* **Assigned task**: Take the lines below beginning at the line that has "key row s ≡ 0" and stopping after the line that has "none_free zero lt e n0 n1 n2 n3 = n0 e", and print them exactly as they are, with no other lines.

Excerpts from a dataset
--------------------
-- ===== src/Store/Kept.antt =====
-- The writes that allocate nothing, on a linked store: an update, a removal, the cache bit.
use outback_cxl_numa.Base.{ℕ, ◌+◌, ◌%◌, ◌^◌, ◌≡◌, ◌≢◌, sym, ◌∙◌, arith, update}
use outback_cxl_numa.Ludo.{Ludo}
use outback_cxl_numa.Slot.{
  LudoBuckets, to_length, to_finger, to_addr, read_addr, remove_addr, set_cachebit,
}
use outback_cxl_numa.Slot.Buckets.{slot_length}
use outback_cxl_numa.Packed.{PackedData, update_data, read_key, zero_entry}
use outback_cxl_numa.Store.Linked.{IsPlaced, IsNamed, IsLinked}

set_bit_fields :
    (w : ℕ)
    → (to_length (2 ^ 63 + w % 2 ^ 63) ≡ to_length w)
      × (to_finger (2 ^ 63 + w % 2 ^ 63) ≡ to_finger w)
      × (to_addr (2 ^ 63 + w % 2 ^ 63) ≡ to_addr w)
unfolding to_length to_finger to_addr
set_bit_fields w = omega arith

pub set_cachebit_fields :
    (b : LudoBuckets) (row slot r t : ℕ)
    → (to_length ((set_cachebit b row slot).slots r t) ≡ to_length (b.slots r t))
      × (to_finger ((set_cachebit b row slot).slots r t) ≡ to_finger (b.slots r t))
      × (to_addr ((set_cachebit b row slot).slots r t) ≡ to_addr (b.slots r t))
unfolding set_cachebit
set_cachebit_fields b row slot r t = ground (arith, set_bit_fields (b.slots row slot))

module _ (b : LudoBuckets) (p : PackedData) (l : IsPlaced b p) where
  -- A new value in any entry.
  pub update-IsPlaced : (addr key len val : ℕ) → IsPlaced b (update_data p addr key len val)
  unfolding update_data
  update-IsPlaced addr key len val = record {
    within = l.within;
    narrow = l.narrow;
    placed = l.placed;
    unaliased = l.unaliased;
  }

  pub cachebit-IsPlaced : (row slot : ℕ) → IsPlaced (set_cachebit b row slot) p
  cachebit-IsPlaced row slot =
      let f = set_cachebit_fields b row slot in
      record {
        within = l.within;
        narrow = l.narrow;
        placed = λ r t h. rw (f r t).2 (l.placed r t (λ z. h ((f r t).0 ∙ z)));
        unaliased = λ r t r' t' h h' e.
            l.unaliased r t r' t' (λ z. h ((f r t).0 ∙ z)) (λ z. h' ((f r' t').0 ∙ z))
              (sym (f r t).2 ∙ e ∙ (f r' t').2);
      }

  -- The slot and the entry that it points to go together.
  abbrev cleared_at : ℕ → ℕ → PackedData
  cleared_at row slot = record p {
    raw_array = update p.raw_array (read_addr b row slot) zero_entry;
  }

  pub remove-IsPlaced : (row slot : ℕ) → IsPlaced (remove_addr b row slot) (cleared_at row slot)
  unfolding remove_addr read_addr to_length
  remove-IsPlaced row slot = record {
    within = l.within;
    narrow = l.narrow;
    placed = λ r t h. ground (arith, l.placed r t);
    unaliased = λ r t r' t' h h' e. ground (arith, l.unaliased r t r' t');
  }

  module _ (ludo : Ludo) (named : IsNamed ludo b p) where
    -- A new value under the key that the entry has.
    pub update-IsNamed :
        (addr key len val : ℕ)
        → read_key p addr ≡ key
        → IsNamed ludo b (update_data p addr key len val)
    unfolding update_data read_key
    update-IsNamed addr key len val e r t h = ground (arith, named r t h)

    pub cachebit-IsNamed : (row slot : ℕ) → IsNamed ludo (set_cachebit b row slot) p
    cachebit-IsNamed row slot r t h =
        let f = set_cachebit_fields b row slot r t in rw (f.1, f.2) (named r t (λ z. h (f.0 ∙ z)))

    pub remove-IsNamed :
        (row slot : ℕ)
        → slot_length b row slot ≢ 0
        → IsNamed ludo (remove_addr b row slot) (cleared_at row slot)
    unfolding remove_addr read_addr to_length
    remove-IsNamed row slot occupied r t h = ground (arith, named r t, l.unaliased r t row slot)

module _ (ludo : Ludo) (b : LudoBuckets) (p : PackedData) (l : IsLinked ludo b p) where
  pub update-IsLinked :
      (addr key len val : ℕ)
      → read_key p addr ≡ key
      → IsLinked ludo b (update_data p addr key len val)
  update-IsLinked addr key len val e = record {
    base = update-IsPlaced b p l.base addr key len val;
    named = update-IsNamed b p l.base ludo l.named addr key len val e;
  }
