-- ===== src/Store.antt =====
-- The buckets and the packed array as one store, for server, client and replay.
mod Linked
mod Kept
pub use Linked.*
pub use Kept.*
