-- ===== src/Client/Overwrite.antt =====
-- outback/outback_client_numa.hh, `numa_put`: a put into a full row.
use outback_cxl_numa.Base.{ℕ, ◌+◌, ◌%◌, ◌^◌, ◌≡◌, ◌≢◌, ◌∙◌, arith, update_self}
use outback_cxl_numa.Ludo.{Ludo}
use outback_cxl_numa.Slot.{read_addr, to_finger, fingerprint}
use outback_cxl_numa.Slot.Buckets.{slot_length, FullRow, check_slots_full}
use outback_cxl_numa.Packed.{update_data}
use outback_cxl_numa.Store.{IsLinked}
use outback_cxl_numa.Resize.{Region}
use outback_cxl_numa.Server.{seed_slot}
use outback_cxl_numa.Client.{Client}
use outback_cxl_numa.Client.Ops.{put_over, put_status, put_region}

module _ (ludo : Ludo) (c : Client) (v key val : ℕ) where
  abbrev row_of : ℕ
  row_of = (ludo.lookup_slot c.seeds key).0

  abbrev slot_of : ℕ
  slot_of = seed_slot ludo c.seeds row_of key

  abbrev region : Region
  region = c.regions v

  -- The region with the entry behind the slot overwritten.
  abbrev overwritten : Region
  overwritten = record region {
    packed = update_data region.packed (read_addr region.buckets row_of slot_of) key 64 val;
  }

  full-put_over :
      slot_length region.buckets row_of slot_of ≢ 0
      → to_finger (region.buckets.slots row_of slot_of) ≢ fingerprint ludo key
      → FullRow region.buckets row_of
      → put_region ludo c v key val ≡ put_over c v key val row_of slot_of
  unfolding put_region put_status
  full-put_over occ ne full =
      rw (check_slots_full ludo region.buckets key row_of slot_of occ ne full)

  -- The slot keeps the old key's fingerprint while its entry has the new key.
  overwritten-not-IsLinked :
      slot_length region.buckets row_of slot_of ≢ 0
      → to_finger (region.buckets.slots row_of slot_of) ≢ fingerprint ludo key
      → ¬ IsLinked ludo overwritten.buckets overwritten.packed
  unfolding update_data read_addr
  overwritten-not-IsLinked occ ne l = ne (l.named row_of slot_of occ ∙ ground arith)

  -- A client's put into a full row whose slot for the key holds another fingerprint overwrites that
  -- slot's entry, moves the row's seed on by one, and leaves a region in which the slot's fingerprint
  -- is not that of its entry's key.
  pub put_full_unlinks :
      slot_length region.buckets row_of slot_of ≢ 0
      → to_finger (region.buckets.slots row_of slot_of) ≢ fingerprint ludo key
      → FullRow region.buckets row_of
      → ((put_region ludo c v key val).regions v ≡ overwritten)
        × ((put_region ludo c v key val).seeds row_of ≡ (c.seeds row_of + 1) % 2 ^ 8)
        × (¬ IsLinked ludo
            ((put_region ludo c v key val).regions v).buckets
            ((put_region ludo c v key val).regions v).packed)
  unfolding put_over
  put_full_unlinks occ ne full = rw (full-put_over occ ne full) (
    update_self c.regions v overwritten,
    update_self c.seeds row_of _,
    rw (update_self c.regions v overwritten) (overwritten-not-IsLinked occ ne),
  )
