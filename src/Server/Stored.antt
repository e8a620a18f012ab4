-- ===== src/Server/Stored.antt =====
-- outback/outback_server_numa.hh: a new entry in a store with room, and the first empty slot of a
-- row.
use outback_cxl_numa.Base.{ℕ, zero, suc, ◌<◌, ◌≡◌, ◌≢◌, arith, ℕ_discrete, some, ok}
use outback_cxl_numa.Ludo.{Ludo}
use outback_cxl_numa.Slot.{LudoBuckets, check_slots, write_addr}
use outback_cxl_numa.Slot.Buckets.{slot_length, SpareSlot, check_slots_empty, check_slots-eq-zero}
use outback_cxl_numa.Packed.{sizeof_val}
use outback_cxl_numa.Packed.Laws.{appended, bulk_load_data-ok}
use outback_cxl_numa.Store.{IsPlaced, IsNamed}
use outback_cxl_numa.Server.{Server, first_free, store_new}

-- A row with an empty slot has a first one.
pub first_free-some :
    (ludo : Ludo) (b : LudoBuckets) (key row slot : ℕ)
    → SpareSlot b row slot
    → (t : ℕ) × (first_free ludo b key row ≡ some t) × (t < 4) × (slot_length b row t ≡ 0)
unfolding first_free
first_free-some ludo b key row slot spare = elim (ℕ_discrete (check_slots ludo b key row 0) 0) [
  | yes e ↦ (0, ground arith, omega arith, check_slots-eq-zero ludo b key row 0 e)
  | no n0 ↦ elim (ℕ_discrete (check_slots ludo b key row 1) 0) [
    | yes e ↦ (1, ground arith, omega arith, check_slots-eq-zero ludo b key row 1 e)
    | no n1 ↦ elim (ℕ_discrete (check_slots ludo b key row 2) 0) [
      | yes e ↦ (2, ground arith, omega arith, check_slots-eq-zero ludo b key row 2 e)
      | no n2 ↦ elim (ℕ_discrete (check_slots ludo b key row 3) 0) [
        | yes e ↦ (3, ground arith, omega arith, check_slots-eq-zero ludo b key row 3 e)
        | no n3 ↦ absurd (
            none_free spare.0 spare.1 (check_slots_empty ludo b key row spare.0 spare.3) n0 n1 n2
              n3)
      ]
    ]
  ]
]
  where
    none_free :
        (s : ℕ)
        → s < 4
        → check_slots ludo b key row s ≡ 0
        → check_slots ludo b key row 0 ≢ 0
        → check_slots ludo b key row 1 ≢ 0
        → check_slots ludo b key row 2 ≢ 0
        → check_slots ludo b key row 3 ≢ 0
        → ⊥
    none_free zero lt e n0 n1 n2 n3 = n0 e
    none_free (suc zero) lt e n0 n1 n2 n3 = n1 e
    none_free (suc (suc zero)) lt e n0 n1 n2 n3 = n2 e
    none_free (suc (suc (suc zero))) lt e n0 n1 n2 n3 = n3 e
    none_free (suc (suc (suc (suc s)))) lt e n0 n1 n2 n3 = omega arith

module _ {C : Type 0} (ludo : Ludo) (s : Server C) where
  abbrev pub IsValid : Type 0
  IsValid = IsPlaced s.buckets s.packed

  -- Every occupied slot has its key's fingerprint.
  abbrev pub HasNames : Type 0
  HasNames = IsNamed ludo s.buckets s.packed

  abbrev pub HasRoom : Type 0
  HasRoom = s.packed.num < s.packed.num_elements

  -- The server after a new entry.
  abbrev pub stored : ℕ → ℕ → ℕ → ℕ → Server C
  stored key val row slot = record s {
    buckets = write_addr ludo s.buckets key row slot s.packed.num 64;
    packed = appended s.packed key sizeof_val val;
  }

  pub store_new-ok :
      (key val row slot : ℕ)
      → HasRoom
      → IsValid
      → store_new ludo s key val row slot ≡ ok (stored key val row slot)
  unfolding store_new
  store_new-ok key val row slot room v =
      rw (bulk_load_data-ok s.packed key sizeof_val val room v.narrow)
--------------------
* **Result for this exercise**:
        → check_slots ludo b key row s ≡ 0
        → check_slots ludo b key row 0 ≢ 0
        → check_slots ludo b key row 1 ≢ 0
        → check_slots ludo b key row 2 ≢ 0
        → check_slots ludo b key row 3 ≢ 0
        → ⊥
    none_free zero lt e n0 n1 n2 n3 = n0 e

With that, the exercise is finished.